Впрочем, старик мой несчастлив и, быть может, поэтому вскрикивал во сне. Кричал о чём-то – может, о своей подневольной жизни, о невстреченных жёнах.
Я пил пиво, немного, но хорошее и, пока были деньги, – дорогое.
Время от времени я приходил к моему старику, и тогда мы пили пиво вместе – молча глядя в телевизор. Там бушевали страсти на испанском или португальском, который поверх перебивался русской речью.
Я совершал путешествие через длинный коридор со стаканом в одной руке и бутылкой в другой, а потом обратно – только со стаканом.
Но пивная моя дорога никак не заканчивалась.
Приехавший на родину друг потащил меня по ирландским барам, где было накурено, играли в дартс и говорили – сбивчиво и непонятно.
Мы опять пили пиво – уже чёрное, и рассказывали друг другу о том, как живём, говорили о его жизни – там, вдалеке – и моей – здесь. Было в этих разговорах что-то важное, что заключалось не в словах.
И приятно мне было ощущать себя не то потёртым мужичком, не то тёртым калачом.
Да только это не настоящий успех, а пивной.
Чтобы он был настоящим, нельзя трезветь.
А потом я вернулся домой – к старику. И снова сжималось сердце, и сиял в ночи напротив меня холодный хирургический свет. Там, напротив, вскрывали кому-то череп в мозговом институте имени Бурденко.
Горели операционные лампы, и падал, падал снег, проходила ночь.
Я ложился и старался уснуть, вцепившись в подушку, как во врага. И это не было ни печально, ни грустно.
Я вспоминал ночное море и шорох гравия под шинами автомобиля, распахнутую дверь и отведённую в сторону занавеску.
Это не было печально ещё и потому, что я надеялся, что по апрелю поезд унесёт меня на юг и буду я там снова мерить шагами горные склоны.
А может, думал я, это случится летом, когда там тепло и пахнет отпускным сезоном, когда заезжий остряк скучно рифмует beach и bitch.
Вряд ли мне там будет хорошо, в этом праздном южном существовании, но поехать туда стоит, ведь в этом и есть поиск того, чего мне не хватало.
Только старик мой уныло ходил по комнатам и бормотал что-то.
Меня вдруг отправили в командировку в Калининград.
Несколько лет назад я застрял на далёком аэродроме и ждал того, как уйдёт туман.
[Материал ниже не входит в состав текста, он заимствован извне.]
-- ===== src/Workflow/Advance.antt =====
-- orchestration.py: `advance_workflow_state`, phase by phase.
use the_pass.Prelude.{
  ◌+◌, String, Bool, true, false, not, ◌&&◌, Option, none, some, [], ◌∷◌, ◌++◌, str_eq, is_empty,
  all_of, dedup, map, leb, if◌then◌else◌,
}
use the_pass.Prelude.Result.{Result, ok, ◌>>=◌, ◌>>◌, raise_if}
use the_pass.Workflow.Errors.{WorkflowError, evidence_not_found, package_update_mismatch}
use the_pass.Workflow.State.{
  Policy, World, State, is_none, same, needs_reviewer, is_independent, validate_workflow_state,
}
use the_pass.Workflow.Evidence.{verify_workflow_evidence}
use the_pass.Workflow.Start.{or_now}
use the_pass.Workflow.Checks.{
  Move, destination, check_resumable, is_remediation_attempt, check_remediation, check_transition,
}

-- The state that a used-up budget or a missing reviewer leaves.
abbrev pub blocked_by : World → Move → State → String → String → State
blocked_by w m s blocker next_action = record s {
  status = "blocked";
  blockers = blocker ∷ [];
  next_action = next_action;
  updated_at = or_now w m.timestamp;
}

-- `validate_workflow_state(updated, policy); return updated`
abbrev pub validated : World → Policy → State → Result WorkflowError State
validated w p s = validate_workflow_state w p s >>= λ _. ok s

-- `reviewer if reviewer is not None else state.get("reviewer")`
abbrev pub effective_reviewer : State → Move → Option String
effective_reviewer s m = elim m.reviewer [ none ↦ s.reviewer | some r ↦ some r ]

-- The last phase: the stage, the status and the evidence are written.
unfoldable pub finish_move :
    World → Policy → State → Move → State → Option String → Result WorkflowError State
finish_move w p s m updated reviewer = do
  let fresh = map w.resolve m.evidence_paths
  raise_if (not (all_of w.host.exists fresh)) evidence_not_found
  raise_if (not (same (is_none m.package_path) (is_none m.package_id))) package_update_mismatch
  let final : State = record updated {
    reviewer = reviewer;
    stage = destination s m;
    status = m.status;
    updated_at = or_now w m.timestamp;
    next_action = m.next_action;
    blockers = m.blockers;
    evidence_paths = dedup [] (s.evidence_paths ++ fresh);
    package_path = elim m.package_path [
      | none ↦ updated.package_path
      | some q ↦ some (w.resolve q)
    ];
    package_id = elim m.package_id [ none ↦ updated.package_id | some i ↦ some i ];
  }
  validate_workflow_state w p final
  verify_workflow_evidence w final
  ok final

-- `not effective_reviewer` of a reviewer that is there.
abbrev pub is_unnamed : Option String → Bool
is_unnamed none = true
is_unnamed (some r) = is_empty r

-- The reviewer phase: a review stage without an independent reviewer blocks.
unfoldable pub review_move : World → Policy → State → Move → State → Result WorkflowError State
review_move w p s m updated = elim (needs_reviewer p (destination s m)) [
  | false ↦
      finish_move w p s m updated (elim m.reviewer [ none ↦ updated.reviewer | some r ↦ some r ])
  | true ↦
      elim (is_independent s (effective_reviewer s m)
        && not (is_unnamed (effective_reviewer s m))) [
          | true ↦ finish_move w p s m updated (effective_reviewer s m)
          | false ↦ validated w p (
              blocked_by w m (record updated { reviewer = effective_reviewer s m })
                "independent reviewer must be present and differ from strategy and run owners"
                "invoke /the-pass:review in an independent review context")
        ]
]

-- The remediation phase counts the laps, and those without progress.
unfoldable pub remediate_move : World → Policy → State → Move → State → Result WorkflowError State
remediate_move w p s m updated = elim (is_remediation_attempt s m) [
  | false ↦ review_move w p s m updated
  | true ↦ elim (leb p.max_remediation_laps updated.remediation_laps) [
    | true ↦ validated w p (
        blocked_by w m updated "workflow remediation budget exhausted"
          "independent review must redefine the remediation scope")
    | false ↦
        let lap : State = record updated {
          remediation_laps = updated.remediation_laps + 1;
          no_progress_laps = if m.moved_gate then 0 else updated.no_progress_laps + 1;
        } in
        elim (leb p.max_no_progress lap.no_progress_laps) [
          | true ↦ validated w p (
              blocked_by w m lap "two consecutive remediation laps made no gate progress"
                "block or kill instead of continuing the loop")
          | false ↦ review_move w p s m lap
        ]
  ]
]

-- The transition budget. Completing a verified target is outside it.
unfoldable pub spend_transition : World → Policy → State → Move → Result WorkflowError State
spend_transition w p s m = elim (str_eq (destination s m) "complete") [
  | true ↦ remediate_move w p s m s
  | false ↦ elim (leb p.max_transitions s.transitions_used) [
    | true ↦ validated w p (
        blocked_by w m s "workflow transition budget exhausted"
          "review workflow scope and start a new bounded run")
    | false ↦ remediate_move w p s m (record s { transitions_used = s.transitions_used + 1 })
  ]
]

unfoldable pub advance_workflow_state : World → Policy → State → Move → Result WorkflowError State
advance_workflow_state w p s m = do
  validate_workflow_state w p s
  check_resumable p s m
  check_remediation w s m
  check_transition w p s m
  spend_transition w p s m
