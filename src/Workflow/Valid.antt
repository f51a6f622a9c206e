-- ===== src/Workflow/Valid.antt =====
-- What a workflow state that passes `validate_workflow_state` satisfies.
use the_pass.Prelude.{
  ℕ, ◌≤◌, String, Bool, true, false, not, ◌&&◌, Option, none, some, ◌≡◌, ◌≢◌, ◌↔◌, refl, sym, ◌∙◌,
  arith, str_eq, eq_iff, mem_text, keys, ltb, is_nil, any_of, is_blank, is_empty, ||-eq-false,
}
use the_pass.Prelude.Result.{ok, >>-eq-ok, raise_if-eq-ok, Ensures, Ensures-bind, returns}
use the_pass.Workflow.State.{
  Policy, World, State, same, some_is, required_texts, is_none, are_ordered, needs_reason,
  needs_reviewer, is_independent, validate_workflow_state,
}
use the_pass.Workflow.Advance.{validated}

-- A reviewer who is neither of the owners.
pub record HasIndependentReviewer (s : State) : Type 0 where
  pub name : String
  pub is_reviewer : s.reviewer ≡ some name
  pub not_strategy_owner : name ≢ s.strategy_owner
  pub not_run_owner : name ≢ s.run_owner

pub record IsValid (w : World) (p : Policy) (s : State) : Type 0 where
  pub not_forbidden : s.target_gate ≢ p.forbidden_target
  pub known_target : mem_text s.target_gate p.target_gates ≡ true
  pub known_stage : mem_text s.stage (keys p.stages) ≡ true
  pub known_status : mem_text s.status p.statuses ≡ true
  pub filled : any_of is_blank (required_texts s) ≡ false
  pub reviewer_named : some_is is_blank s.reviewer ≡ false
  pub within_transitions : s.transitions_used ≤ p.max_transitions
  pub within_laps : s.remediation_laps ≤ p.max_remediation_laps
  pub within_no_progress : s.no_progress_laps ≤ p.max_no_progress
  pub evidence_filled : any_of is_empty s.evidence_paths ≡ false
  pub blockers_filled : any_of is_empty s.blockers ≡ false
  pub explained : needs_reason s.status ≡ true → is_nil s.blockers ≡ false
  pub complete_together : (s.stage ≡ "complete") ↔ (s.status ≡ "complete")
  pub ordered : are_ordered (w.parse_timestamp s.started_at) (w.parse_timestamp s.updated_at) ≡ true
  pub reviewed : needs_reviewer p s.stage ≡ true → HasIndependentReviewer s
  pub package_filled :
      (some_is is_empty s.package_path ≡ false) × (some_is is_empty s.package_id ≡ false)
  pub package_together : is_none s.package_path ≡ is_none s.package_id

str_eq-false : (s t : String) → str_eq s t ≡ false → s ≢ t
str_eq-false s t h e = let q = (eq_iff s t).1 e in cc

same-eq : (a b : Bool) → same a b ≡ true → a ≡ b
same-eq true b h = sym h
same-eq false true h = cc
same-eq false false h = refl

together : (s t u v : String) → same (str_eq s u) (str_eq t v) ≡ true → (s ≡ u) ↔ (t ≡ v)
together s t u v h =
    let b = same-eq _ _ h in
    (λ a. (eq_iff t v).0 (sym b ∙ (eq_iff s u).1 a), λ a. (eq_iff s u).0 (b ∙ (eq_iff t v).1 a))

true_of_not : {b : Bool} → not b ≡ false → b ≡ true
true_of_not {b} h = ground arith

reviewer_of :
    (s : State) (r : Option String)
    → s.reviewer ≡ r
    → is_independent s r ≡ true
    → HasIndependentReviewer s
reviewer_of s none e h = cc
reviewer_of s (some n) e h =
    let p = ||-eq-false _ _ (not_true h) in
    record {
      name = n;
      is_reviewer = e;
      not_strategy_owner = str_eq-false _ _ p.0;
      not_run_owner = str_eq-false _ _ p.1;
    }
  where
    not_true : {b : Bool} → not b ≡ true → b ≡ false
    not_true {b} e = ground arith

-- A state that passes the checks satisfies each of them.
pub validate_workflow_state-IsValid :
    (w : World) (p : Policy) (s : State) → validate_workflow_state w p s ≡ ok tt → IsValid w p s
unfolding validate_workflow_state
validate_workflow_state-IsValid w p s h =
    let h1 = >>-eq-ok _ _ h in
    let h2 = >>-eq-ok _ _ h1.1 in
    let h3 = >>-eq-ok _ _ h2.1 in
    let h4 = >>-eq-ok _ _ h3.1 in
    let h5 = >>-eq-ok _ _ h4.1 in
    let h6 = >>-eq-ok _ _ h5.1 in
    let h7 = >>-eq-ok _ _ h6.1 in
    let h8 = >>-eq-ok _ _ h7.1 in
    let h9 = >>-eq-ok _ _ h8.1 in
    let h10 = >>-eq-ok _ _ h9.1 in
    let h11 = >>-eq-ok _ _ h10.1 in
    let h12 = >>-eq-ok _ _ h11.1 in
    let h13 = >>-eq-ok _ _ h12.1 in
    let h14 = >>-eq-ok _ _ h13.1 in
    let h15 = >>-eq-ok _ _ h14.1 in
    let h16 = >>-eq-ok _ _ h15.1 in
    record {
      not_forbidden = str_eq-false _ _ (raise_if-eq-ok _ _ h1.0);
      known_target = true_of_not (raise_if-eq-ok _ _ h2.0);
      known_stage = true_of_not (raise_if-eq-ok _ _ h3.0);
      known_status = true_of_not (raise_if-eq-ok _ _ h4.0);
      filled = raise_if-eq-ok _ _ h5.0;
      reviewer_named = raise_if-eq-ok _ _ h6.0;
      within_transitions = ltb-false _ _ (raise_if-eq-ok _ _ h7.0);
      within_laps = ltb-false _ _ (raise_if-eq-ok _ _ h8.0);
      within_no_progress = ltb-false _ _ (raise_if-eq-ok _ _ h9.0);
      evidence_filled = raise_if-eq-ok _ _ h10.0;
      blockers_filled = raise_if-eq-ok _ _ h11.0;
      explained = λ n. and_false n (raise_if-eq-ok _ _ h12.0);
      complete_together = together _ _ _ _ (true_of_not (raise_if-eq-ok _ _ h13.0));
      ordered = true_of_not (raise_if-eq-ok _ _ h14.0);
      reviewed =
          λ n. reviewer_of s s.reviewer refl (true_of_not (and_false n (raise_if-eq-ok _ _ h15.0)));
      package_filled = ||-eq-false _ _ (raise_if-eq-ok _ _ h16.0);
      package_together = same-eq _ _ (true_of_not (raise_if-eq-ok _ _ h16.1));
    }
  where
    ltb-false : (m n : ℕ) → ltb m n ≡ false → n ≤ m
    ltb-false m n e = ground arith

    and_false : {a b : Bool} → a ≡ true → (a && b) ≡ false → b ≡ false
    and_false {a} {b} e f = ground arith

-- What is checked last is valid.
pub validated-IsValid :
    (w : World) (p : Policy) (s : State) → Ensures (IsValid w p) (validated w p s)
validated-IsValid w p s = Ensures-bind _ _ λ a e. returns (validate_workflow_state-IsValid w p s e)
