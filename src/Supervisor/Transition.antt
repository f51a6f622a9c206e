-- ===== src/Supervisor/Transition.antt =====
-- workflow_supervisor.py: `validate_supervised_transition`, on the state a driver wrote.
use Prim.Native.Char.{code}
use the_pass.Prelude.{
  ◌+◌, String, Bool, true, false, not, ◌&&◌, ◌||◌, ◌==◌, none, some, leb, any_of, mem_text, str_eq,
  if◌then◌else◌,
}
use the_pass.Prelude.Result.{Result, ok, raise, ◌>>◌, raise_if}
use the_pass.Workflow.Errors.{WorkflowError}
use the_pass.Workflow.State.{Policy, World, State}
use the_pass.Workflow.Evidence.{verify_workflow_evidence}
use the_pass.Workflow.Checks.{transitions_from}

-- The `WorkflowSupervisorError`s, and those of `verify_workflow_evidence`.
pub data SupervisorError : Type 0 where
  changed_immutable_field : SupervisorError
  illegal_transition : SupervisorError
  not_one_transition : SupervisorError
  invalid_counter_jump : SupervisorError
  moved_updated_at_backwards : SupervisorError
  workflow : WorkflowError → SupervisorError

-- `value.startswith(prefix)` and `text in value`.
unfoldable pub starts_with : String → String → Bool
starts_with String.[] s = true
starts_with (String.◌∷◌ c p) String.[] = false
starts_with (String.◌∷◌ c p) (String.◌∷◌ d s) = (code c == code d) && starts_with p s

unfoldable pub contains : String → String → Bool
unfolding starts_with
contains t String.[] = starts_with t String.[]
contains t (String.◌∷◌ c s) = starts_with t (String.◌∷◌ c s) || contains t s

-- The fields of `IMMUTABLE_STATE_FIELDS` that a state has; the schema version is one number.
unfoldable pub same_identity : State → State → Bool
same_identity a b =
    str_eq a.run_id b.run_id
    && str_eq a.strategy_id b.strategy_id
    && str_eq a.objective b.objective
    && str_eq a.target_gate b.target_gate
    && str_eq a.strategy_owner b.strategy_owner
    && str_eq a.run_owner b.run_owner
    && str_eq a.started_at b.started_at
    && str_eq a.ledger_path b.ledger_path

-- `transition_delta == expected_delta`
abbrev pub spends_one : State → State → Bool
spends_one a b =
    if str_eq b.stage "complete"
    then b.transitions_used == a.transitions_used
    else b.transitions_used == a.transitions_used + 1

abbrev pub is_budget_stop : State → State → Bool
is_budget_stop a b =
    str_eq b.stage a.stage
    && str_eq b.status "blocked"
    && (b.transitions_used == a.transitions_used)
    && any_of (contains "budget exhausted") b.blockers

-- `remediation_delta in {0, 1} and no_progress_delta in {-1, 0, 1}`
abbrev pub are_small_jumps : State → State → Bool
are_small_jumps a b =
    (b.remediation_laps == a.remediation_laps || b.remediation_laps == a.remediation_laps + 1)
    && (b.no_progress_laps == a.no_progress_laps
        || b.no_progress_laps == a.no_progress_laps + 1
        || b.no_progress_laps + 1 == a.no_progress_laps)

abbrev pub is_later : World → State → State → Bool
is_later w a b = elim (w.parse_timestamp a.updated_at) [
  | none ↦ false
  | some x ↦ elim (w.parse_timestamp b.updated_at) [ none ↦ false | some y ↦ leb x y ]
]

abbrev pub of_workflow : Result WorkflowError (Unit {0}) → Result SupervisorError (Unit {0})
of_workflow (ok u) = ok u
of_workflow (raise e) = raise (workflow e)

unfoldable pub validate_supervised_transition :
    World → Policy → State → State → Result SupervisorError (Unit {0})
validate_supervised_transition w p before after = do
  raise_if (not (same_identity before after)) changed_immutable_field
  raise_if
      (not (str_eq after.stage before.stage)
        && not (mem_text after.stage (transitions_from p before.stage)))
      illegal_transition
  raise_if (not (spends_one before after) && not (is_budget_stop before after)) not_one_transition
  raise_if (not (are_small_jumps before after)) invalid_counter_jump
  raise_if (not (is_later w before after)) moved_updated_at_backwards
  of_workflow (verify_workflow_evidence w after)
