-- ===== src/Supervisor/Loop.antt =====
-- workflow_supervisor.py: the cycles of `_supervise_workflow_locked`, in the direct workspace mode.
use Prim.Native.String.{◌++◌ as text_append}
use the_pass.Prelude.{
  ℕ, zero, suc, ◌+◌, ◌-◌, String, Bool, not, ◌&&◌, ◌==◌, Option, none, some, List, [], ◌∷◌,
  mem_text, str_eq, ltb, lookup, if◌then◌else◌,
}
use the_pass.Prelude.Result.{Result, ok, raise, ◌>>=◌, ◌>>◌, raise_if}
use the_pass.Workflow.Errors.{WorkflowError}
use the_pass.Workflow.State.{Policy, World, State, validate_workflow_state}
use the_pass.Workflow.Evidence.{verify_workflow_evidence}
use the_pass.Supervisor.Transition.{SupervisorError, validate_supervised_transition}

-- What a driver leaves: its process, and the state that it proposes. `undisturbed` says that the
-- canonical state file is as it was.
pub record Driven : Type 0 where
  pub executed : Bool
  pub timed_out : Bool
  pub output_exceeded : Bool
  pub exit_code : ℕ
  pub proposal : Option State
  pub undisturbed : Bool

-- The driver by cycle and state, whether a stage is routed to an agent, and `_fingerprint`.
pub record Drivers : Type 0 where
  pub drive : ℕ → State → Driven
  pub is_agent : State → Bool
  pub fingerprint : State → String

abbrev pub stop_statuses : List String
stop_statuses = "complete" ∷ "waiting" ∷ "blocked" ∷ "killed" ∷ []

abbrev pub review_gate_transitions : List (String × String)
review_gate_transitions =
    ("review_research", "research_gate")
    ∷ ("review_paper", "paper_gate")
    ∷ ("review_risk", "risk_review")
    ∷ []

-- The messages of `fail`.
pub data Failure : Type 0 where
  not_executed : Failure
  driver_timed_out : Failure
  driver_output_exceeded : Failure
  invalid_state : Failure
  no_progress : Failure
  rejected : SupervisorError → Failure
  canonical_changed : Failure
  driver_failed : Failure

pub data Outcome : Type 0 where
  failed : Failure → State → Outcome
  checkpoint : State → Outcome
  cycles_exhausted : State → Outcome

abbrev pub of_workflow : {A : Type 0} → Result WorkflowError A → Failure → Result Failure A
of_workflow (ok a) f = ok a
of_workflow (raise e) f = raise f

-- `read_workflow_state(active_proposal)`: the state's own checks, then its evidence.
unfoldable pub read_proposal : World → Policy → Driven → Result Failure State
read_proposal w p d = elim (d.proposal) [
  | none ↦ raise invalid_state
  | some s ↦
      of_workflow (validate_workflow_state w p s >> verify_workflow_evidence w s) invalid_state
      >>= λ _. ok s
]

abbrev pub of_supervisor : Result SupervisorError (Unit {0}) → Result Failure (Unit {0})
of_supervisor (ok u) = ok u
of_supervisor (raise e) = raise (rejected e)

-- An agent's move to a gate waits for the signed attestation.
unfoldable pub hold_for_review : Drivers → State → State → State
hold_for_review x before candidate = elim (lookup before.stage review_gate_transitions) [
  | none ↦ candidate
  | some gate ↦
      if x.is_agent before && str_eq candidate.stage gate
      then record candidate {
        stage = before.stage;
        status = "waiting";
        blockers =
            text_append gate " requires an independently signed Ed25519 reviewer attestation" ∷ [];
        next_action =
            text_append "run the-pass gate attest for "
              (text_append gate ", then resume workflow execute");
      }
      else candidate
]

-- One cycle, up to the state that is written.
unfoldable pub run_cycle : World → Policy → Drivers → State → Driven → Result Failure State
run_cycle w p x before d = do
  raise_if (not d.executed) not_executed
  raise_if d.timed_out driver_timed_out
  raise_if d.output_exceeded driver_output_exceeded
  proposed ← read_proposal w p d
  let candidate = hold_for_review x before proposed
  raise_if (str_eq (x.fingerprint candidate) (x.fingerprint before)) no_progress
  of_supervisor (validate_supervised_transition w p before candidate)
  raise_if (not d.undisturbed) canonical_changed
  ok candidate

-- `outcome["exit_code"] != 0 and state["status"] not in {…}`
abbrev pub is_driver_failure : Driven → State → Bool
is_driver_failure d s =
    not (d.exit_code == 0) && not (mem_text s.status ("waiting" ∷ "blocked" ∷ "killed" ∷ []))

-- The loop, with `n` cycles left, at cycle `i`.
unfoldable pub supervise_from : World → Policy → Drivers → ℕ → ℕ → State → Outcome
supervise_from w p x zero i s = cycles_exhausted s
supervise_from w p x (suc n) i s =
    let d = x.drive i s in
    elim (run_cycle w p x s d) [
      | raise f ↦ failed f s
      | ok t ↦
          let rest = supervise_from w p x n (i + 1) t in
          if is_driver_failure d t
          then failed driver_failed t
          else if mem_text t.status stop_statuses
          then checkpoint t
          else rest
    ]

-- `remaining`, and the limit by the caller's `max_cycles`.
abbrev pub cycle_limit : Policy → State → Option ℕ → ℕ
cycle_limit p s none = (p.max_transitions + 1) - s.transitions_used
cycle_limit p s (some m) =
    let remaining = (p.max_transitions + 1) - s.transitions_used in
    if ltb m remaining then m else remaining

-- The state as it was read, or no outcome where the cycle budget is exhausted.
unfoldable pub supervise_workflow : World → Policy → Drivers → Option ℕ → State → Option Outcome
supervise_workflow w p x max_cycles s =
    let n = cycle_limit p s max_cycles in
    if n == 0
    then none
    else if mem_text s.status stop_statuses
    then some (checkpoint s)
    else some (supervise_from w p x n 1 s)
Аэродром был горный, с короткой ВПП, обрывавшейся в ущелье. Самолёты там взлетали и садились рискованно, будто на авианосец. Какие-то местные люди говорили: ничего, не бойтесь, дескать, вон там, внизу, всего один лежит…
Действительно, в глубине ущелья валялись не обломки, а не имеющие отношения к какой-либо форме обрывки самолёта. Ещё один, двухмоторный мул, лежал на брюхе с гнутыми винтами рядом с полосой.
Название авиакомпании на его фюзеляже было замазано белой краской.
Но делать было нечего – надо лететь.
А пока я сидел в аэродромной едальне за столом в обнимку с тонгом – так звалась хмельная брага с соломиной, тонущей одним концом в огромной чаше. Делался тонг из terminated milled (цитата из меню), заливался кипятком и настаивался несколько минут.
В ожидании жужжания в небе я проводил время за чтением книги. Эта книга, видать, была оставлена или забыта кем-то из лётчиков в гостинице. Страницы её были полны аэрофотосъёмкой. Название зыбко хранится в моей памяти – что-то вроде «Англия с высоты птичьего полёта».
Главное было в другом – на фотографиях в разворот среди холмов и полей современной Англии проступали следы древней жизни. Посреди ровного пространства виднелись квадраты и прямоугольники. Это были тени домов тысячелетней давности. Иначе в местах исчезнувших поселений росла трава, иначе проседала земля, по-другому таял снег и высыхала земля.
И только с птичьего полёта можно было увидеть эти картины. Только поднявшись, остранившись и отстранившись. Человек, забредший в английские луга, не ощущал разницы, он был бесчувствен, будто обыватель, что не слышал никогда в спину: «Шаг вправо, шаг влево…»
Он делал шаг вправо и делал – влево, но, как геометрический плоскатик, оставался в своём времени, не зная того, что на восходе и на закате несуществующие здания выпускают, как щупальца, свои тени, а из этих теней складываются города и деревни. Было это наглядной иллюстрацией к метафоре Павича, который писал о том, что ещё несколько дней после пожара дома сожжённой хазарской столицы отбрасывали тень.